= Megumi Ohnaka =

Japanese composer

Megumi Ohnaka (大中恩), who also used the pseudonym Ai Tsuchida (July 24, 1924 - December 3, 2018), was a Japanese composer known for his children's songs (doyo) and choruses, as well as his live "Song Song" parties, which he began in 1961.

In 1945, he graduated from the composition department of Tokyo Music School, into which he had matriculated in 1942. The same year he was drafted into the Imperial Japanese Navy. In 1955, he formed Roba no Kai with Yoshinao Nakada, Toshi Isobe, Mitsutoshi Ugajin, and Kazutsugu Nakada. In 1957, he formed Goal Me through the activities of the mixed chorus PF Call (1946-1955), which disbanded after thirty years in 1987. In 1968, he formed the female chorus, Cole Grace.
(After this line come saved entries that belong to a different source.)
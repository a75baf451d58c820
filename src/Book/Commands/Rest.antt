-- ===== src/Book/Commands/Rest.antt =====
-- `InternalAddOrder` and `InternalModifyOrder` on a well-formed book: an order comes to rest, or
-- shrinks where it rests.
use hermes_orderbook.Prelude.{
  ℕ, ◌≡◌, refl, sym, subst, ◌∙◌, false, List, [], ◌∷◌, ◌++◌, some, if◌then◌else◌, is_empty, sub64,
  append_assoc,
}
use hermes_orderbook.Core.Types.{Quantity, opposite, is_visible}
use hermes_orderbook.Core.Order.{Order, update_quantity}
use hermes_orderbook.Book.Levels.{Level, find_order, set_order}
use hermes_orderbook.Book.State.{Book, levels, with_levels, emplace_entry}
use hermes_orderbook.Book.Commands.{with_back, rest_order, shrink_order}
use hermes_orderbook.Book.Commands.Slot.{Slot, slot, enqueue, enqueue-slot}
use hermes_orderbook.Book.View.{orders_of, orders_on, SideIsValid, entry_of, IsValidBelow}
use hermes_orderbook.Book.View.Orders.{AllAt-snoc, AllAt-set, is_empty-set, is_empty-found}
use hermes_orderbook.Book.View.Levels.{
  Located, find_level-split, set_level-split, orders_of-append, SideIsValid-replace,
  orders_of-rewritten,
}
use hermes_orderbook.Book.View.Index.Rewrite.{Rewrites}
use hermes_orderbook.Book.View.Index.Insert.{Inserts}
use hermes_orderbook.Book.View.Sides.{
  levels-with_self, levels-with_other, levels-index, index-with, SameRest, with_levels-SameRest,
}

is_empty-snoc : (os : List Order) (o : Order) → is_empty (os ++ (o ∷ [])) ≡ false
is_empty-snoc [] o = refl
is_empty-snoc (x ∷ os) o = refl

-- An order that comes to rest.
pub record Rests (o : Order) (b : Book) : Type 0 where
  pub after : Book
  pub run : rest_order o b ≡ some after
  pub inserts : Inserts o.side o b after
  pub queue : orders_on o.side after ≡ enqueue o.side o (orders_on o.side b)
  pub rest : SameRest b after

module _ {n : ℕ} {b : Book} (v : IsValidBelow n b) (o : Order) where
  abbrev place : Slot o.side o.price (levels o.side b)
  place = slot o.side o.price (levels o.side b) (v.side_valid o.side)

  abbrev rested : Book
  rested =
      with_levels o.side (place.pre ++ (with_back o place.level ∷ place.post))
        (record b { index = emplace_entry o.order_id (entry_of o) b.index })

  rest_order-run : rest_order o b ≡ some rested
  unfolding rest_order
  rest_order-run = rw (
    place.emplaced,
    find_level-split o.price place.pre place.post place.level place.others place.price,
    set_level-split o.price place.pre place.post place.level (with_back o place.level) place.others
        place.price,
  )

  rested-view :
      orders_on o.side rested
      ≡ orders_of place.pre ++ ((place.level.orders ++ (o ∷ [])) ++ orders_of place.post)
  rested-view = rw levels-with_self (orders_of-append place.pre _)

  rested-rest : SameRest b rested
  rested-rest =
      let r =
        with_levels-SameRest o.side (place.pre ++ (with_back o place.level ∷ place.post))
          (record b { index = emplace_entry o.order_id (entry_of o) b.index }) in
      record {
        scratch = r.scratch;
        order_counter = r.order_counter;
        trade_counter = r.trade_counter;
        market_state = r.market_state;
      }

  pub rests : Rests o b
  rests = record {
    after = rested;
    run = rest_order-run;
    inserts = record {
      front = orders_of place.pre ++ place.level.orders;
      back = orders_of place.post;
      side = refl;
      near = levels-with_other o.side _ _ ∙ levels-index (opposite o.side) _ b;
      old = place.old ∙ sym (append_assoc (orders_of place.pre) place.level.orders _);
      far = rested-view ∙ simp append_assoc;
      far_valid = rw levels-with_self (
          place.valid (with_back o place.level) place.price (is_empty-snoc place.level.orders o)
            (AllAt-snoc o.side o.price place.level.orders o place.level_all refl refl));
      index = index-with o.side _ _;
    };
    queue = rested-view ∙ sym (enqueue-slot o.side o (levels o.side b) place);
    rest = rested-rest;
  }

-- An order that shrinks in its place.
pub record Shrinks (o : Order) (q : Quantity) (b after : Book) : Type 0 where
  pub rewrites : Rewrites o.side o (record o { remaining_quantity = q }) b after
  pub rest : SameRest b after

module _ {n : ℕ} {b : Book} (v : IsValidBelow n b) (o : Order) (q : Quantity)
    (r : Located o.side (levels o.side b) o.order_id o)
    (found : find_order o.order_id (orders_on o.side b) ≡ some o) where
  abbrev pub small : Order
  small = record o { remaining_quantity = q }

  abbrev pub level' : Level
  level' = record (r.level) {
    volume =
        if is_visible o.flags
        then sub64 r.level.volume (sub64 q o.remaining_quantity)
        else r.level.volume;
    orders = set_order o.order_id small r.level.orders;
  }

  pub shrink_order-eq :
      shrink_order o.order_id (entry_of o) r.level o q b
      ≡ with_levels o.side (r.pre ++ (level' ∷ r.post)) b
  unfolding shrink_order update_quantity
  shrink_order-eq =
      rw (r.split, set_level-split o.price r.pre r.post r.level level' r.others r.price)

  level'-valid : SideIsValid o.side (r.pre ++ (level' ∷ r.post))
  level'-valid =
      SideIsValid-replace o.side r.pre r.post r.level level' refl
        (is_empty-set o.order_id small r.level.orders
          ∙ is_empty-found o.order_id r.level.orders o r.held)
        (AllAt-set o.side r.level.price o.order_id small r.level.orders refl (sym r.price)
          r.level_all)
        (subst (SideIsValid o.side) r.split (v.side_valid o.side))

  pub shrinks : Shrinks o q b (shrink_order o.order_id (entry_of o) r.level o q b)
  shrinks = rw shrink_order-eq (record {
    rewrites = record {
      found = found;
      same_entry = refl;
      near = levels-with_other o.side _ b;
      far =
          rw (levels-with_self, orders_of-append r.pre (level' ∷ r.post))
            (orders_of-rewritten r small);
      far_valid = rw levels-with_self level'-valid;
      index = index-with o.side _ b;
    };
    rest = with_levels-SameRest o.side _ b;
  })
In 1989, he received the Medal of Honor with Purple Ribbon for individuals who have contributed to academic and artistic developments, improvements, and accomplishments.

==Awards won==
- The Agency for Cultural Affairs Art Festival Encouragement Award 1965
Kazuyoshi Akiyama Conductor, Japan Chorus Association Mixed Chorus "Brick Color Town" (Poetry: Hiroo Sakata)

- The Agency for Cultural Affairs Art Festival Encouragement Award 1966
"Balloons of Love" (Poetry: Chieko Nakamura)

- The Agency for Cultural Affairs Art Festival Encouragement Award 1968
"Run My Heart" (Poetry: Umihiko Ito)

- The Agency for Cultural Affairs Art Festival Excellence Award 1970
Mixed chorus "Shimayo" (Poetry: Umihiko Ito)

- The Japanese Nursery Rhyme Award 1982
"Inu no Omawari-san" (lyrics: Yoshimi Sato) "Satchan" "Tummy Hell Uta" (Lyrics: Hiroo Sakata), Awarded in categories "Modern Children's Song Selection Collection / Megumi Ohnaka Selection Collection"

- April 1989 Received the Medal with Purple Ribbon
- 1995 Received the Order of the Rising Sun, Gold Rays
- Children's Song Culture Award (2004)
- Nikken Ono Nursery Rhyme Culture Award (2006)

==Selected works==
- Mixed chorus setting of "Wataridori" poem by Hakushu Kitahara 1943
- Art song: "Covered Wagon" (poetry: Yaso Saijo), 1944
- Five Lyric Songs (poetry: Haruo Sato, Rofu Miki), 1945, premiered by Ryosuke Hatanaka
- The World Will Destroy (musical), 1965

==Recordings==
- Children's Songs King Records SKM(H)2245.
- "Yashi no Mi" (Cocoanuts), Jean-Pierre Rampal, Ensemble Lunaire. Japanese Folk Melodies transcribed bu Akio Yashiro. CBS Records, 1978.